Stored data
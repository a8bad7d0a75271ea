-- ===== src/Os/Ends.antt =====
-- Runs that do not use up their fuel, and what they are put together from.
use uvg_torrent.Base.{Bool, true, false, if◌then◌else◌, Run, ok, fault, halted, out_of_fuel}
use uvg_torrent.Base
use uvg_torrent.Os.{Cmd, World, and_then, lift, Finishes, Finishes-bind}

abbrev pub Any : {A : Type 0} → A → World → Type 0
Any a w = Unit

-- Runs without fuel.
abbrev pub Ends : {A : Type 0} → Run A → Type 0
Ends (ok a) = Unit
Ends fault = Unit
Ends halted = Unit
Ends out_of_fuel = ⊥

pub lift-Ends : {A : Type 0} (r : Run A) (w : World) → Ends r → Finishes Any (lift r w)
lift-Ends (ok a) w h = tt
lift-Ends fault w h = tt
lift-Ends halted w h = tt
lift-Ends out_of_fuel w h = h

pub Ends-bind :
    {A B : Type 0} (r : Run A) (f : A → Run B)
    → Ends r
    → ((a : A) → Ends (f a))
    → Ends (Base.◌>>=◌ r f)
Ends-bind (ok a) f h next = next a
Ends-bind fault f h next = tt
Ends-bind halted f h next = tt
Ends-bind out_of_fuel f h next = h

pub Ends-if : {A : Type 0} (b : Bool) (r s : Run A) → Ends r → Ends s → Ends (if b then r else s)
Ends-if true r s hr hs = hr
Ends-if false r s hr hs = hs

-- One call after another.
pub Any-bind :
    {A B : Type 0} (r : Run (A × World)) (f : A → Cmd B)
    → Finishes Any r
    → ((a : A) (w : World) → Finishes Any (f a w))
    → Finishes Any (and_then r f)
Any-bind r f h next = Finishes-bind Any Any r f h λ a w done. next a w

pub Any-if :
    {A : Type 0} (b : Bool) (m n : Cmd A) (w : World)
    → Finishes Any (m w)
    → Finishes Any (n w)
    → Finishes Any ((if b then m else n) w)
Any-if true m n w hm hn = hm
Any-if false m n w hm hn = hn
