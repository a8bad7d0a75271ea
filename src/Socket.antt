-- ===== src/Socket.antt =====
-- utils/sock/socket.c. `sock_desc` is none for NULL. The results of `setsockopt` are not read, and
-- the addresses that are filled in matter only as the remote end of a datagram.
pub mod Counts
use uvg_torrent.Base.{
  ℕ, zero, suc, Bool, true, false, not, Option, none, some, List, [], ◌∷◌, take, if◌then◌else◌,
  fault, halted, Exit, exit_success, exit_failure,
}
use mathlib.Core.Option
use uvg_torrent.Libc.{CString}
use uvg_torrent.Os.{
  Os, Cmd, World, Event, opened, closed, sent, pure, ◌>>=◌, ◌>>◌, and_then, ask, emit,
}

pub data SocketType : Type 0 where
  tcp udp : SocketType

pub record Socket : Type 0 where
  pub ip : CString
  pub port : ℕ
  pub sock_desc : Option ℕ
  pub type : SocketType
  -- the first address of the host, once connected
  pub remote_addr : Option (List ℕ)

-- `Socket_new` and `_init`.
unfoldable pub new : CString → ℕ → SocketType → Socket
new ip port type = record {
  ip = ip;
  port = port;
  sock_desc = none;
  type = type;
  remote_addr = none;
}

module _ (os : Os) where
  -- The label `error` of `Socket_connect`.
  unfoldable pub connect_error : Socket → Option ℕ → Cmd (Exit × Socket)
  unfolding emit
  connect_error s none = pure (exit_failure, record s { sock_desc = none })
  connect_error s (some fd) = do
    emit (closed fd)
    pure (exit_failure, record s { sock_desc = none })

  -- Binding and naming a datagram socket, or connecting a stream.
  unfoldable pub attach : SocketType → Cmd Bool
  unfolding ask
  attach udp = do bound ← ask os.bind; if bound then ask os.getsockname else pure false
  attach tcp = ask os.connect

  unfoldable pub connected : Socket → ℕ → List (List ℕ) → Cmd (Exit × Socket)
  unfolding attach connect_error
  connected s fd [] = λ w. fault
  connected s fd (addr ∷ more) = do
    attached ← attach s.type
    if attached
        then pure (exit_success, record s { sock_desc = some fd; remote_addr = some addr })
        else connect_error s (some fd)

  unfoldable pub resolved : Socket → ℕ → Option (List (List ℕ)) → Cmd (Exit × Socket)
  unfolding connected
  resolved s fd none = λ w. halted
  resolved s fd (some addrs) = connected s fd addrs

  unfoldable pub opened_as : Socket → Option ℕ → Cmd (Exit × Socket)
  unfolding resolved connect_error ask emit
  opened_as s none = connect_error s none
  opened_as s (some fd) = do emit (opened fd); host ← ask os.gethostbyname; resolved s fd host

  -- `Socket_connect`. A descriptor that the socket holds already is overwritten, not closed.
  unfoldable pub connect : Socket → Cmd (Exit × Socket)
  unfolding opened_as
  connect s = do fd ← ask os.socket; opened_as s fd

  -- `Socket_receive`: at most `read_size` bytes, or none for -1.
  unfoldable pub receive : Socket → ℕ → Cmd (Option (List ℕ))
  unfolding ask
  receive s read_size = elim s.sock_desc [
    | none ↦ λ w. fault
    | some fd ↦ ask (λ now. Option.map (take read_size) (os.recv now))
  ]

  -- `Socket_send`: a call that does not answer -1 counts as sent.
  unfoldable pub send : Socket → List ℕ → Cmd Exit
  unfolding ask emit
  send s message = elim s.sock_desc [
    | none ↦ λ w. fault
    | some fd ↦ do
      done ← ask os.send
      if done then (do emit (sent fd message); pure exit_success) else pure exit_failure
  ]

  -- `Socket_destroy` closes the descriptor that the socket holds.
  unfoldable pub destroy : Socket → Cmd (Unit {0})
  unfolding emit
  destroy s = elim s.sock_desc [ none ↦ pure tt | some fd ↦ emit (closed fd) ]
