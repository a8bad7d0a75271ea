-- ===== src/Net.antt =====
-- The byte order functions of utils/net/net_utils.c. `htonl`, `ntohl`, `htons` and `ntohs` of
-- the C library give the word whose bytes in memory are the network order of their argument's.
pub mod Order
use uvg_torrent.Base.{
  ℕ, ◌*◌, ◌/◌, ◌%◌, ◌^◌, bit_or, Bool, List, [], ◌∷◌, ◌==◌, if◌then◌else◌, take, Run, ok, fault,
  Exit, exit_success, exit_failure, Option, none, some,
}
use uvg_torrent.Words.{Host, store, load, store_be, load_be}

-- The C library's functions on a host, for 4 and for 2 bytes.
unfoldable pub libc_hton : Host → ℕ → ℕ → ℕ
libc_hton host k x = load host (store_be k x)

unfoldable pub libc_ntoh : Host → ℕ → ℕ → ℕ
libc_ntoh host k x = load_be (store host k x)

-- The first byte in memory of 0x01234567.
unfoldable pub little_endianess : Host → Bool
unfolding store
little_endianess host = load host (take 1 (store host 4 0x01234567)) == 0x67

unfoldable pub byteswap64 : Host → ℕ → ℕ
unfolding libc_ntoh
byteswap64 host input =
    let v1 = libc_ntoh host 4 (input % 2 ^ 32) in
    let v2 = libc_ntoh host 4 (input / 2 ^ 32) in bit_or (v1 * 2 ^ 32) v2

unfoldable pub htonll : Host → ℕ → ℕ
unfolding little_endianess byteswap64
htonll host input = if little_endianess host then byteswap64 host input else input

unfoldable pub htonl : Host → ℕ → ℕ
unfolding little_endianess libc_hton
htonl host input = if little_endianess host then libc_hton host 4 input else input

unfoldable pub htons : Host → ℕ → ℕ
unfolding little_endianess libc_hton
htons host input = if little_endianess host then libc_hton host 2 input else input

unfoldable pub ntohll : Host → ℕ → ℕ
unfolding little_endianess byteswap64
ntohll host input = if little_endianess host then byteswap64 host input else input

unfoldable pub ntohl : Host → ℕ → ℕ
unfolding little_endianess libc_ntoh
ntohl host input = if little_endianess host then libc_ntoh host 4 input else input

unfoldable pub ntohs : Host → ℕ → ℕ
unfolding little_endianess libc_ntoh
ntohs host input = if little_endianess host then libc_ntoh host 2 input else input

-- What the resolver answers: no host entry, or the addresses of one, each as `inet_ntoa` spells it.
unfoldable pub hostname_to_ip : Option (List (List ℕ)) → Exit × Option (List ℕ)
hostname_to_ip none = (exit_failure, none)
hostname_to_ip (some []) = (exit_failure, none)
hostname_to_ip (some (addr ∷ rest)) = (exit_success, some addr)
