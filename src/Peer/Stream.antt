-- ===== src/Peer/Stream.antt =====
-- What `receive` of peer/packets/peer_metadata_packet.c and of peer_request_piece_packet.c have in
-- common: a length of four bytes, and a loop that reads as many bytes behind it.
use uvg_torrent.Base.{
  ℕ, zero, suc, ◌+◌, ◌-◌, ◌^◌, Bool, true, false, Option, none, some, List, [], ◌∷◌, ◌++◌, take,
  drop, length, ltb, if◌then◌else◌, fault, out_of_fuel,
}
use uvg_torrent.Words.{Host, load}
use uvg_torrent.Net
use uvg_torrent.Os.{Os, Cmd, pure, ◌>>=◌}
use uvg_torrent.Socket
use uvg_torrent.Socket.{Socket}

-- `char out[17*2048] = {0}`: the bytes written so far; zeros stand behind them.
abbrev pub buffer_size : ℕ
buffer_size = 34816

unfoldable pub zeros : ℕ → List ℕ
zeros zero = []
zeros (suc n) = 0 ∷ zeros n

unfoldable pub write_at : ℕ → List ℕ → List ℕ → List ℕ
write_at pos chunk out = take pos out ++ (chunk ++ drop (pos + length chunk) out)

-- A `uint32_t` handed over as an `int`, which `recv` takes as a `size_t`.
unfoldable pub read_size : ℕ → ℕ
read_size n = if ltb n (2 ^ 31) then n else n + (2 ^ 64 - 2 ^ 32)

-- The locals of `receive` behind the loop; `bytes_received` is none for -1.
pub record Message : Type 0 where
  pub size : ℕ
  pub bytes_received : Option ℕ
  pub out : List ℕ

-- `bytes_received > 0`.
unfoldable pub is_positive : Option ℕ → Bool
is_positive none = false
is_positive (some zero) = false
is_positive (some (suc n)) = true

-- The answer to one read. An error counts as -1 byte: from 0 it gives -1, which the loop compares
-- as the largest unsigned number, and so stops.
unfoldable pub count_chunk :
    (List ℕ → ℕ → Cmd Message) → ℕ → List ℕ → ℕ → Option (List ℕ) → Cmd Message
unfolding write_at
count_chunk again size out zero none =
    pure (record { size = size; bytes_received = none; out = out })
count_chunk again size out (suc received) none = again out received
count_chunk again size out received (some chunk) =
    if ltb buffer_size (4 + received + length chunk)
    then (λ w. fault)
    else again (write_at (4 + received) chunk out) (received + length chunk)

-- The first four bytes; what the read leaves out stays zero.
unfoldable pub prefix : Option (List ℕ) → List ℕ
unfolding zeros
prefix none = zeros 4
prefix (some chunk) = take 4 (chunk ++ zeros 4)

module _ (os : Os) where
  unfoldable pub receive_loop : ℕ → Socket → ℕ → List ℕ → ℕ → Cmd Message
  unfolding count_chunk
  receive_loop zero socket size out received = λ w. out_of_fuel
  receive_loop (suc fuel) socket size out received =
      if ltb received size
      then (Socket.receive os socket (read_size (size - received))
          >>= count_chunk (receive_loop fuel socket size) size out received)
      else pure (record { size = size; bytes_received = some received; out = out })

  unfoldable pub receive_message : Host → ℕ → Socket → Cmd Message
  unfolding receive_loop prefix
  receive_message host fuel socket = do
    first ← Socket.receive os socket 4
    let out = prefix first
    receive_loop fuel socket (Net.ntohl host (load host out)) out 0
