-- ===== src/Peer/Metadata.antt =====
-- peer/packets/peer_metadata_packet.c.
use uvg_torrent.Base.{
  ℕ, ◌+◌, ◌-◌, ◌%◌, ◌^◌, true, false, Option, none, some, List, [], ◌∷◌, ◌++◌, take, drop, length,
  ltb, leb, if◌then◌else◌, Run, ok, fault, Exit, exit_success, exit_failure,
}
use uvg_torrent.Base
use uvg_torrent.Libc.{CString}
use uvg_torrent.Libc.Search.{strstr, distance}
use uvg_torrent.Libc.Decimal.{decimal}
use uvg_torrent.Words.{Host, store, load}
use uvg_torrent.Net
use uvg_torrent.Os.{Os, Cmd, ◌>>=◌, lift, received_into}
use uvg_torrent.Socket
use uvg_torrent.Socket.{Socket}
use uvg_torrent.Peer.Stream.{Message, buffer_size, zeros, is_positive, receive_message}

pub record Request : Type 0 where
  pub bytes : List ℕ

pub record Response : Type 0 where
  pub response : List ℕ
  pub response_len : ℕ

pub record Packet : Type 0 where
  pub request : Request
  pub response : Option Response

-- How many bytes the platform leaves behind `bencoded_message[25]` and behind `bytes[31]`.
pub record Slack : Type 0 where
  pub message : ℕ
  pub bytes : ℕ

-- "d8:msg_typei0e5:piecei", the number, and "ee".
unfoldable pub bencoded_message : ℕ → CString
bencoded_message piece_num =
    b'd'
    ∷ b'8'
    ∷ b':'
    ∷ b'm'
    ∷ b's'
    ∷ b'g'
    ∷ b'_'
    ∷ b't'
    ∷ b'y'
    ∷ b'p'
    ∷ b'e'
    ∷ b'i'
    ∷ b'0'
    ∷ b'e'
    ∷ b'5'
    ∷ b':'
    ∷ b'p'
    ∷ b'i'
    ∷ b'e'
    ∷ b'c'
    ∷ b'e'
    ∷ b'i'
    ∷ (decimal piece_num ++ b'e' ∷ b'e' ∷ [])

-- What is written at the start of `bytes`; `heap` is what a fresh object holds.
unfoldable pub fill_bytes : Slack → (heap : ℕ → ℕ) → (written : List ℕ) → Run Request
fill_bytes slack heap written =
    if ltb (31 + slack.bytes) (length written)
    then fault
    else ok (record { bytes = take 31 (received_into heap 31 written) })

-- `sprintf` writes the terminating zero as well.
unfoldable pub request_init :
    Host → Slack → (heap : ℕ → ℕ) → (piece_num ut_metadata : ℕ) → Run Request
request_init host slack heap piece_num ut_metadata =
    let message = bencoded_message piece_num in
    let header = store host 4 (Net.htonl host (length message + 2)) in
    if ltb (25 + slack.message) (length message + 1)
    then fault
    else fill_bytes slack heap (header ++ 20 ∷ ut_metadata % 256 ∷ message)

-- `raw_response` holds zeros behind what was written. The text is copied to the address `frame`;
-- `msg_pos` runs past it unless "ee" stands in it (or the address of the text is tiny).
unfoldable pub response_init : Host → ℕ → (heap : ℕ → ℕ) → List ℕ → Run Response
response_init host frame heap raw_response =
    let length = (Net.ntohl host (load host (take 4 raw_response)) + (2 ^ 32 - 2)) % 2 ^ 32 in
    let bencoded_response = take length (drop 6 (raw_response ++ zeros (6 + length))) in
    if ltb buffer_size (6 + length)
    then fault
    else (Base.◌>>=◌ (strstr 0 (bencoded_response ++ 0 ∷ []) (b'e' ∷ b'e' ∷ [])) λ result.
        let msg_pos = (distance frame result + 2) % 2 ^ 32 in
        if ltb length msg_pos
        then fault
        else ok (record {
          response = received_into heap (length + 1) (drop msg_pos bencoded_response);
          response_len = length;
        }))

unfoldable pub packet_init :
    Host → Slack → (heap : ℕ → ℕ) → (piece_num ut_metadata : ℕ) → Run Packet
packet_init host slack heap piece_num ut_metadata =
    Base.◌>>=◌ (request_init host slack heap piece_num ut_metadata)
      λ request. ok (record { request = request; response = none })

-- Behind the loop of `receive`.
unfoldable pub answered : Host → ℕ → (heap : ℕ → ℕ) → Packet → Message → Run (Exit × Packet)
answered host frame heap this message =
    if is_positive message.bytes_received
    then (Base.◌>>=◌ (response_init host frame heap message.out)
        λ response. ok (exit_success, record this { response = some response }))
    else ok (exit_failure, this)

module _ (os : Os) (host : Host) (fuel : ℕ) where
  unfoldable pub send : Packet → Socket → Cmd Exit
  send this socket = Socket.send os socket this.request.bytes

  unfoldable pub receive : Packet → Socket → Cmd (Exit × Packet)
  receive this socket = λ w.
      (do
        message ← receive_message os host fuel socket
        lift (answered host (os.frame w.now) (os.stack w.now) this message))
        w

▶ **REQUIREMENT**
Scan the entries above for the word "functions" and collect each line holding it.

▶ **RESULT BELOW**
-- The byte order functions of utils/net/net_utils.c. `htonl`, `ntohl`, `htons` and `ntohs` of
-- The C library's functions on a host, for 4 and for 2 bytes.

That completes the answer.